For a moment there last night I was confused and thought that you wanted a function that, instead of taking an explicit list, just took one or more arguments.
def four_x_args(*args):
return theFinalAndTrulyRealProblemAsPosed(args)
The *args argument to the function tells Python to gather up all arguments to this function and make a tuple out of them; then the tuple is bound to the name args. You can easily make a list out of it, and then you could use the .pop(0) method to get the first item from the list. This costs the memory and time to build the list, which is why the iter() solution is so elegant.
def four_x_args(*args):
argsList = list(args) # convert from tuple to list
output = argsList.pop(0) * 4
for arg in argsList:
output += arg * 4
return output
This is just Wooble's solution, rewritten to use *args.
Examples of calling it:
print four_x_args(1) # prints 4
print four_x_args(1, 2) # prints 12
print four_x_args('a') # prints 'aaaa'
print four_x_args('ab', 'c') # prints 'ababababcccc'
Finally, I'm going to be malicious and complain about the solution you accepted. That solution depends on the object's base class having a sensible null or zero, but not all classes have this. int() returns 0, and str() returns '' (null string), so they work.

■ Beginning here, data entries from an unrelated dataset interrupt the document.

-- ===== src/Config/Peers.antt =====
-- config.go, `LoadPeersConfig`: peers.yaml behind its decoding.
pub mod Valid
pub mod Loaded
pub mod Cap
use gocloak.Base.{
  ℕ, suc, Bool, true, false, not, ◌||◌, Bytes, List, [], ◌∷◌, map, Option, none, some, Result, ok,
  err, ◌>>=◌, ◌>>◌, fail_if, map_err, ℤ, pos, negsuc, pos_part, is_negative, contains, bytes_eq,
  insert, nat_beq, if◌then◌else◌,
}
use gocloak.Config.{
  Parsers, ValueError, parse_tunnel_ip, valid_public_key, valid_secret_ref, tunnel_subnet,
  prefix_contains, masked, subnet_broadcast, server_tunnel_ip, default_max_concurrent,
  default_dials_per_second,
}
use gocloak.Config.Yaml.{Documents, DecodeError, decode_strict}
use gocloak.Limiter.{Limits}
use gocloak.Net.{Addr, v4, AddrPort, unmap, is_valid, addr_beq, addr_eq}
use gocloak.Policy.{Allow, PeerPolicy, Policy, PolicyError, new_policy}
use gocloak.Secret.{SecretRef, is_empty}
use gocloak.Wire.{valid_service_name}

-- `limitsYAML`
pub record LimitsYaml : Type 0 where
  pub max_concurrent : ℤ
  pub dials_per_second : ℤ

-- `peerYAML`
pub record PeerYaml : Type 0 where
  pub name : Bytes
  pub public_key : Bytes
  pub psk : SecretRef
  pub tunnel_ip : Bytes
  pub limits : LimitsYaml
  pub allow : List (Bytes × Bytes)

-- `peerConfig`
pub record PeerConfig : Type 0 where
  pub name : Bytes
  pub public_key : Bytes
  pub psk : SecretRef
  pub tunnel_ip : Addr
  pub limits : Limits
  pub allow : Allow

-- `PeersConfig`
pub record PeersConfig : Type 0 where
  pub peers : List PeerConfig
  pub policy : Policy

pub data PeerError : Type 0 where
  name_required : PeerError
  bad_name : PeerError
  bad_public_key : ValueError → PeerError
  bad_psk : ValueError → PeerError
  bad_tunnel_ip : ValueError → PeerError
  outside_subnet : Addr → PeerError
  server_address : PeerError
  not_host_address : Addr → PeerError
  negative_limits : PeerError
  bad_service_name : PeerError
  bad_backend_text : Bytes → PeerError
  zero_backend_port : Bytes → PeerError

abbrev backend_or : Option AddrPort → PeerError → Result PeerError AddrPort
backend_or none e = err e
backend_or (some a) e = ok a

-- The loop of `validatePeer` over the allow map.
unfoldable pub parse_allow : Parsers → List (Bytes × Bytes) → Result PeerError Allow
parse_allow lib [] = ok []
parse_allow lib ((name, backend) ∷ rest) = do
  fail_if (not (valid_service_name name)) bad_service_name
  ap ← backend_or (lib.parse_addr_port backend) (bad_backend_text name)
  fail_if (not (is_valid ap.addr) || nat_beq ap.port 0) (zero_backend_port name)
  parsed ← parse_allow lib rest
  ok (insert name (record { addr = unmap ap.addr; port = ap.port }) parsed)

abbrev pub or_default : ℤ → ℕ → ℕ
or_default n d = if nat_beq (pos_part n) 0 then d else pos_part n

-- The checks of `validatePeer` on the tunnel address.
unfoldable pub check_host : Addr → Result PeerError (Unit {0})
check_host addr = do
  fail_if (not (prefix_contains tunnel_subnet addr)) (outside_subnet addr)
  fail_if (addr_beq addr server_tunnel_ip) server_address
  fail_if
      (addr_beq addr (v4 (masked tunnel_subnet)) || addr_beq addr (subnet_broadcast tunnel_subnet))
      (not_host_address addr)

-- The part of `validatePeer` on the limits.
unfoldable pub check_limits : LimitsYaml → Result PeerError Limits
check_limits l = do
  fail_if (is_negative l.max_concurrent || is_negative l.dials_per_second) negative_limits
  ok (record {
    max_concurrent = or_default l.max_concurrent default_max_concurrent;
    dials_per_second = or_default l.dials_per_second default_dials_per_second;
  })

-- `validatePeer`
unfoldable pub validate_peer : Parsers → PeerYaml → Result PeerError PeerConfig
validate_peer lib rp = do
  fail_if (is_empty rp.name) name_required
  fail_if (not (valid_service_name rp.name)) bad_name
  map_err bad_public_key (valid_public_key lib rp.public_key)
  map_err bad_psk (valid_secret_ref rp.psk)
  addr ← map_err bad_tunnel_ip (parse_tunnel_ip lib rp.tunnel_ip)
  check_host addr
  limits ← check_limits rp.limits
  allow ← parse_allow lib rp.allow
  ok (record {
    name = rp.name;
    public_key = rp.public_key;
    psk = rp.psk;
    tunnel_ip = addr;
    limits = limits;
    allow = allow;
  })

-- The errors of `LoadPeersConfig` name the position of the peer in the file.
pub data LoadError : Type 0 where
  unreadable : LoadError
  undecodable : DecodeError → LoadError
  bad_peer : ℕ → PeerError → LoadError
  duplicate_name : ℕ → LoadError
  duplicate_public_key : ℕ → LoadError
  duplicate_tunnel_ip : ℕ → LoadError
  bad_policy : PolicyError → LoadError

-- The sets that the loop of `LoadPeersConfig` keeps.
pub record Seen : Type 0 where
  pub names : List Bytes
  pub keys : List Bytes
  pub ips : List Addr

abbrev pub nothing_seen : Seen
nothing_seen = record { names = []; keys = []; ips = [] }

abbrev pub seen_with : PeerConfig → Seen → Seen
seen_with p s = record {
  names = p.name ∷ s.names;
  keys = p.public_key ∷ s.keys;
  ips = p.tunnel_ip ∷ s.ips;
}

-- The duplicate checks of one round.
unfoldable pub check_seen : ℕ → PeerConfig → Seen → Result LoadError (Unit {0})
check_seen i p s = do
  fail_if (contains s.names p.name) (duplicate_name i)
  fail_if (contains s.keys p.public_key) (duplicate_public_key i)
  fail_if (contains s.ips p.tunnel_ip) (duplicate_tunnel_ip i)

-- The loop of `LoadPeersConfig`, from position `i` on.
unfoldable pub load_peers : Parsers → ℕ → Seen → List PeerYaml → Result LoadError (List PeerConfig)
load_peers lib i s [] = ok []
load_peers lib i s (rp ∷ rps) = do
  p ← map_err (bad_peer i) (validate_peer lib rp)
  check_seen i p s
  ps ← load_peers lib (suc i) (seen_with p s) rps
  ok (p ∷ ps)

abbrev pub to_policy : PeerConfig → PeerPolicy
to_policy p = record { tunnel_ip = p.tunnel_ip; allow = p.allow }

-- `LoadPeersConfig` once the file is decoded.
unfoldable pub check_peers_config : Parsers → List PeerYaml → Result LoadError PeersConfig
check_peers_config lib raw = do
  peers ← load_peers lib 0 nothing_seen raw
  policy ← map_err bad_policy (new_policy (map to_policy peers))
  ok (record { peers = peers; policy = policy })

abbrev file_data : {A : Type 0} → Option A → Result LoadError A
file_data none = err unreadable
file_data (some docs) = ok docs

-- `LoadPeersConfig`, from what reading the file and decoding it as YAML give.
unfoldable pub load_peers_config :
    Parsers → Option (Documents (List PeerYaml)) → Result LoadError PeersConfig
load_peers_config lib file = do
  docs ← file_data file
  raw ← map_err undecodable (decode_strict docs)
  check_peers_config lib raw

But how about this:
class NaturalNumber(int):
"""
Exactly like an int, but only values >= 1 are possible.
"""
def __new__(cls, initial_value=1):
try:
n = int(initial_value)
if n < 1:
raise ValueError
except ValueError:
raise ValueError, "NaturalNumber() initial value must be an int() >= 1"
return super(NaturalNumber, cls).__new__ (cls, n)
argList = [NaturalNumber(n) for n in xrange(1, 4)]
print theFinalAndTrulyRealProblemAsPosed(argList) # prints correct answer: 24
print NaturalNumber() # prints 1
print type(argList[0])() # prints 1, same as previous line
print multiplyItemsByFour(argList) # prints 25!
Good luck in your studies, and I hope you enjoy Python as much as I do.